→ **What you have to do**: For this exercise, the reply is the listing below, reproduced exactly.

BEGIN

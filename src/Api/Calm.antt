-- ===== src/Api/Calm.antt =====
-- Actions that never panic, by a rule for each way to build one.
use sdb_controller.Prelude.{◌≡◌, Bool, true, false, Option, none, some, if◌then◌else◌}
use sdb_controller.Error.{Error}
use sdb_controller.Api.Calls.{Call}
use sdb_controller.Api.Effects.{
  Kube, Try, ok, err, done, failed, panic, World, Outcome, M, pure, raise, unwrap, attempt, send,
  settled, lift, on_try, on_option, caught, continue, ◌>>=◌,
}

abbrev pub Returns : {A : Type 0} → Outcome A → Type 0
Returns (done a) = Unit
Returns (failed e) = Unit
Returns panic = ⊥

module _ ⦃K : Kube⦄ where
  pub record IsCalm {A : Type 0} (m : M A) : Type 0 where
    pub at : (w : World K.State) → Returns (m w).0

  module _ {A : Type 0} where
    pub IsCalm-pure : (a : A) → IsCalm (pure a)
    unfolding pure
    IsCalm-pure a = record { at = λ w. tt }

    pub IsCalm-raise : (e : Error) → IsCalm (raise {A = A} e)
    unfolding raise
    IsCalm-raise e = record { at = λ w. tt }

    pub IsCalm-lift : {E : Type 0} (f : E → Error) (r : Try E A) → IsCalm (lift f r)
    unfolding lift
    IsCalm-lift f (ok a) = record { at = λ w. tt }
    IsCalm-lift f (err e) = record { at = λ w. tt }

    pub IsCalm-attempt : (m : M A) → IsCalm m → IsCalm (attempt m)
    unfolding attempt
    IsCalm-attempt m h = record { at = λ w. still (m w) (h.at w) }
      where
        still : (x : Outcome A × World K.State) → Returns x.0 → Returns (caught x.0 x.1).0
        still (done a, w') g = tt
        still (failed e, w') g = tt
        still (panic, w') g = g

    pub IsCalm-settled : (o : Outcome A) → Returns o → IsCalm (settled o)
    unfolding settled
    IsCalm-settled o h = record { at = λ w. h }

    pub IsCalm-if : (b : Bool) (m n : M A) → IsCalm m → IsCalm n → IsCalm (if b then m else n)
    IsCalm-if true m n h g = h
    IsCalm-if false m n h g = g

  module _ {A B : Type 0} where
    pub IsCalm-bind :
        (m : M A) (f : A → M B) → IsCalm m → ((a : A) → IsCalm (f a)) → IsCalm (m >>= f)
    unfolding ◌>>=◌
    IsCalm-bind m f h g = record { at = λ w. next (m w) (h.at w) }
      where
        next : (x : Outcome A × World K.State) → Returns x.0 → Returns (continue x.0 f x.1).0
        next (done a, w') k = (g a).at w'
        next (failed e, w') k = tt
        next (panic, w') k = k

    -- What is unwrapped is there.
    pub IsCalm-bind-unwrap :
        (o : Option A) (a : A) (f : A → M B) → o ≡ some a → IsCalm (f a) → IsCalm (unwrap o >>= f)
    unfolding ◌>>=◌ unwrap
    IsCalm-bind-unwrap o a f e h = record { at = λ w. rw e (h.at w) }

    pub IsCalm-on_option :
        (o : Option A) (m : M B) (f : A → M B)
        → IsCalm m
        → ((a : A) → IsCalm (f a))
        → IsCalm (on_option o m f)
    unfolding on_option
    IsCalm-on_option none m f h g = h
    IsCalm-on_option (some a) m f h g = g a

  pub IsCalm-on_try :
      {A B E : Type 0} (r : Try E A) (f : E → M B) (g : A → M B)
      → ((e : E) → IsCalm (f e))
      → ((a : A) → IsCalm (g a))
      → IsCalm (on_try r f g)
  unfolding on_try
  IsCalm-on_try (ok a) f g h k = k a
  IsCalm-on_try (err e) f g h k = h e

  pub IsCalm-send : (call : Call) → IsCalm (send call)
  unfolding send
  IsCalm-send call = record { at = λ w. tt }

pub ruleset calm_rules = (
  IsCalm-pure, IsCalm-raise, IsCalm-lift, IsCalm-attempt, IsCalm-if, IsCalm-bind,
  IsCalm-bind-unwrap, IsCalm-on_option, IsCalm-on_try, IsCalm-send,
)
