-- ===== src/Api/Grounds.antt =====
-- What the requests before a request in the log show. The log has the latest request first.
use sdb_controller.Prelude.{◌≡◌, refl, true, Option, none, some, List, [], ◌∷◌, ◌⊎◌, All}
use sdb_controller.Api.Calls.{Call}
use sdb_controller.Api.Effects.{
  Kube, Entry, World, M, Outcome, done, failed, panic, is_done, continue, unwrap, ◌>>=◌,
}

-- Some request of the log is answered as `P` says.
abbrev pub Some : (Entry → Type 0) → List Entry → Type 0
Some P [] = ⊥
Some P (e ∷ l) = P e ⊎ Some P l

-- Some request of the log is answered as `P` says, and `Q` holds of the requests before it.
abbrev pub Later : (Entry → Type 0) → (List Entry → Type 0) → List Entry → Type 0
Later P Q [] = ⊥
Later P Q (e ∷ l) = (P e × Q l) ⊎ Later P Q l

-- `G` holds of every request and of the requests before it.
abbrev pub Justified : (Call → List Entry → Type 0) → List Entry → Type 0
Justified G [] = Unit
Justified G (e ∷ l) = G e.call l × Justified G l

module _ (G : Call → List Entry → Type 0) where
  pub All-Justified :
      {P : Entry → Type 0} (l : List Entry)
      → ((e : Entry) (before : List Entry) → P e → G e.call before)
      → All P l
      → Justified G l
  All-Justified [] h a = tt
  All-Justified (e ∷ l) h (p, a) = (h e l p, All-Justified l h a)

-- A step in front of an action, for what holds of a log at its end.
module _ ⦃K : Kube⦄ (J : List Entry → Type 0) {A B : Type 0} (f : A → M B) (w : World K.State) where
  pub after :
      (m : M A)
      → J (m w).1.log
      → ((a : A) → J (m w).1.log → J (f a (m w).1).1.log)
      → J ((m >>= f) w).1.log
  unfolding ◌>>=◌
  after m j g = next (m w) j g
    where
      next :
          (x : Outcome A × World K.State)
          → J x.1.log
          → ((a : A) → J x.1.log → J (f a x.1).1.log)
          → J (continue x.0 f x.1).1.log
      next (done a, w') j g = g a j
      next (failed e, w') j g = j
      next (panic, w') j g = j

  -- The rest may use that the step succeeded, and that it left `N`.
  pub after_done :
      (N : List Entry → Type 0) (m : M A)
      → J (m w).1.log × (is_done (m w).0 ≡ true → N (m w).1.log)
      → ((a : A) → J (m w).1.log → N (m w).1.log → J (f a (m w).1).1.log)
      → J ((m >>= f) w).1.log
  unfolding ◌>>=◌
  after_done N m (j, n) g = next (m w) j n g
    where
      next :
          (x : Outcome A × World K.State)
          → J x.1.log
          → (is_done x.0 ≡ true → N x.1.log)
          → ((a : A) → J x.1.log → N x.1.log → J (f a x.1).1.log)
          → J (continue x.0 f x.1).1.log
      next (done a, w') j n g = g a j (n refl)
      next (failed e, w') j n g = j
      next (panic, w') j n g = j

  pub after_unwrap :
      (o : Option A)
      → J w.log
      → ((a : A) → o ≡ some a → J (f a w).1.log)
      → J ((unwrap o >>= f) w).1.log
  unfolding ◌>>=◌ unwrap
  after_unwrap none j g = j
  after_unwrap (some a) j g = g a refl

END

→ **The completed task**:
filename src/Api/Calm.antt
-- ===== src/Api/Calm.antt =====
-- Actions that never panic, by a rule for each way to build one.
use sdb_controller.Prelude.{◌≡◌, Bool, true, false, Option, none, some, if◌then◌else◌}
use sdb_controller.Error.{Error}
use sdb_controller.Api.Calls.{Call}
use sdb_controller.Api.Effects.{
  Kube, Try, ok, err, done, failed, panic, World, Outcome, M, pure, raise, unwrap, attempt, send,
  settled, lift, on_try, on_option, caught, continue, ◌>>=◌,
}

abbrev pub Returns : {A : Type 0} → Outcome A → Type 0
Returns (done a) = Unit
Returns (failed e) = Unit
Returns panic = ⊥

module _ ⦃K : Kube⦄ where
  pub record IsCalm {A : Type 0} (m : M A) : Type 0 where
    pub at : (w : World K.State) → Returns (m w).0

  module _ {A : Type 0} where
    pub IsCalm-pure : (a : A) → IsCalm (pure a)
    unfolding pure
    IsCalm-pure a = record { at = λ w. tt }

    pub IsCalm-raise : (e : Error) → IsCalm (raise {A = A} e)
    unfolding raise
    IsCalm-raise e = record { at = λ w. tt }

    pub IsCalm-lift : {E : Type 0} (f : E → Error) (r : Try E A) → IsCalm (lift f r)
    unfolding lift
    IsCalm-lift f (ok a) = record { at = λ w. tt }
    IsCalm-lift f (err e) = record { at = λ w. tt }

    pub IsCalm-attempt : (m : M A) → IsCalm m → IsCalm (attempt m)
    unfolding attempt
    IsCalm-attempt m h = record { at = λ w. still (m w) (h.at w) }
      where
        still : (x : Outcome A × World K.State) → Returns x.0 → Returns (caught x.0 x.1).0
        still (done a, w') g = tt
        still (failed e, w') g = tt
        still (panic, w') g = g

    pub IsCalm-settled : (o : Outcome A) → Returns o → IsCalm (settled o)
    unfolding settled
    IsCalm-settled o h = record { at = λ w. h }

    pub IsCalm-if : (b : Bool) (m n : M A) → IsCalm m → IsCalm n → IsCalm (if b then m else n)
    IsCalm-if true m n h g = h
    IsCalm-if false m n h g = g

  module _ {A B : Type 0} where
    pub IsCalm-bind :
        (m : M A) (f : A → M B) → IsCalm m → ((a : A) → IsCalm (f a)) → IsCalm (m >>= f)
    unfolding ◌>>=◌
    IsCalm-bind m f h g = record { at = λ w. next (m w) (h.at w) }
      where
        next : (x : Outcome A × World K.State) → Returns x.0 → Returns (continue x.0 f x.1).0
        next (done a, w') k = (g a).at w'
        next (failed e, w') k = tt
        next (panic, w') k = k

    -- What is unwrapped is there.
    pub IsCalm-bind-unwrap :
        (o : Option A) (a : A) (f : A → M B) → o ≡ some a → IsCalm (f a) → IsCalm (unwrap o >>= f)
    unfolding ◌>>=◌ unwrap
    IsCalm-bind-unwrap o a f e h = record { at = λ w. rw e (h.at w) }

    pub IsCalm-on_option :
        (o : Option A) (m : M B) (f : A → M B)
        → IsCalm m
        → ((a : A) → IsCalm (f a))
        → IsCalm (on_option o m f)
    unfolding on_option
    IsCalm-on_option none m f h g = h
    IsCalm-on_option (some a) m f h g = g a

  pub IsCalm-on_try :
      {A B E : Type 0} (r : Try E A) (f : E → M B) (g : A → M B)
      → ((e : E) → IsCalm (f e))
      → ((a : A) → IsCalm (g a))
      → IsCalm (on_try r f g)
  unfolding on_try
  IsCalm-on_try (ok a) f g h k = k a
  IsCalm-on_try (err e) f g h k = h e

  pub IsCalm-send : (call : Call) → IsCalm (send call)
  unfolding send
  IsCalm-send call = record { at = λ w. tt }

pub ruleset calm_rules = (
  IsCalm-pure, IsCalm-raise, IsCalm-lift, IsCalm-attempt, IsCalm-if, IsCalm-bind,
  IsCalm-bind-unwrap, IsCalm-on_option, IsCalm-on_try, IsCalm-send,
)
-- ===== src/Api/Grounds.antt =====
-- What the requests before a request in the log show. The log has the latest request first.
use sdb_controller.Prelude.{◌≡◌, refl, true, Option, none, some, List, [], ◌∷◌, ◌⊎◌, All}
use sdb_controller.Api.Calls.{Call}
use sdb_controller.Api.Effects.{
  Kube, Entry, World, M, Outcome, done, failed, panic, is_done, continue, unwrap, ◌>>=◌,
}

-- Some request of the log is answered as `P` says.
abbrev pub Some : (Entry → Type 0) → List Entry → Type 0
Some P [] = ⊥
Some P (e ∷ l) = P e ⊎ Some P l

-- Some request of the log is answered as `P` says, and `Q` holds of the requests before it.
abbrev pub Later : (Entry → Type 0) → (List Entry → Type 0) → List Entry → Type 0
Later P Q [] = ⊥
Later P Q (e ∷ l) = (P e × Q l) ⊎ Later P Q l

-- `G` holds of every request and of the requests before it.
abbrev pub Justified : (Call → List Entry → Type 0) → List Entry → Type 0
Justified G [] = Unit
Justified G (e ∷ l) = G e.call l × Justified G l

module _ (G : Call → List Entry → Type 0) where
  pub All-Justified :
      {P : Entry → Type 0} (l : List Entry)
      → ((e : Entry) (before : List Entry) → P e → G e.call before)
      → All P l
      → Justified G l
  All-Justified [] h a = tt
  All-Justified (e ∷ l) h (p, a) = (h e l p, All-Justified l h a)

-- A step in front of an action, for what holds of a log at its end.
module _ ⦃K : Kube⦄ (J : List Entry → Type 0) {A B : Type 0} (f : A → M B) (w : World K.State) where
  pub after :
      (m : M A)
      → J (m w).1.log
      → ((a : A) → J (m w).1.log → J (f a (m w).1).1.log)
      → J ((m >>= f) w).1.log
  unfolding ◌>>=◌
  after m j g = next (m w) j g
    where
      next :
          (x : Outcome A × World K.State)
          → J x.1.log
          → ((a : A) → J x.1.log → J (f a x.1).1.log)
          → J (continue x.0 f x.1).1.log
      next (done a, w') j g = g a j
      next (failed e, w') j g = j
      next (panic, w') j g = j

  -- The rest may use that the step succeeded, and that it left `N`.
  pub after_done :
      (N : List Entry → Type 0) (m : M A)
      → J (m w).1.log × (is_done (m w).0 ≡ true → N (m w).1.log)
      → ((a : A) → J (m w).1.log → N (m w).1.log → J (f a (m w).1).1.log)
      → J ((m >>= f) w).1.log
  unfolding ◌>>=◌
  after_done N m (j, n) g = next (m w) j n g
    where
      next :
          (x : Outcome A × World K.State)
          → J x.1.log
          → (is_done x.0 ≡ true → N x.1.log)
          → ((a : A) → J x.1.log → N x.1.log → J (f a x.1).1.log)
          → J (continue x.0 f x.1).1.log
      next (done a, w') j n g = g a j (n refl)
      next (failed e, w') j n g = j
      next (panic, w') j n g = j

  pub after_unwrap :
      (o : Option A)
      → J w.log
      → ((a : A) → o ≡ some a → J (f a w).1.log)
      → J ((unwrap o >>= f) w).1.log
  unfolding ◌>>=◌ unwrap
  after_unwrap none j g = j
  after_unwrap (some a) j g = g a refl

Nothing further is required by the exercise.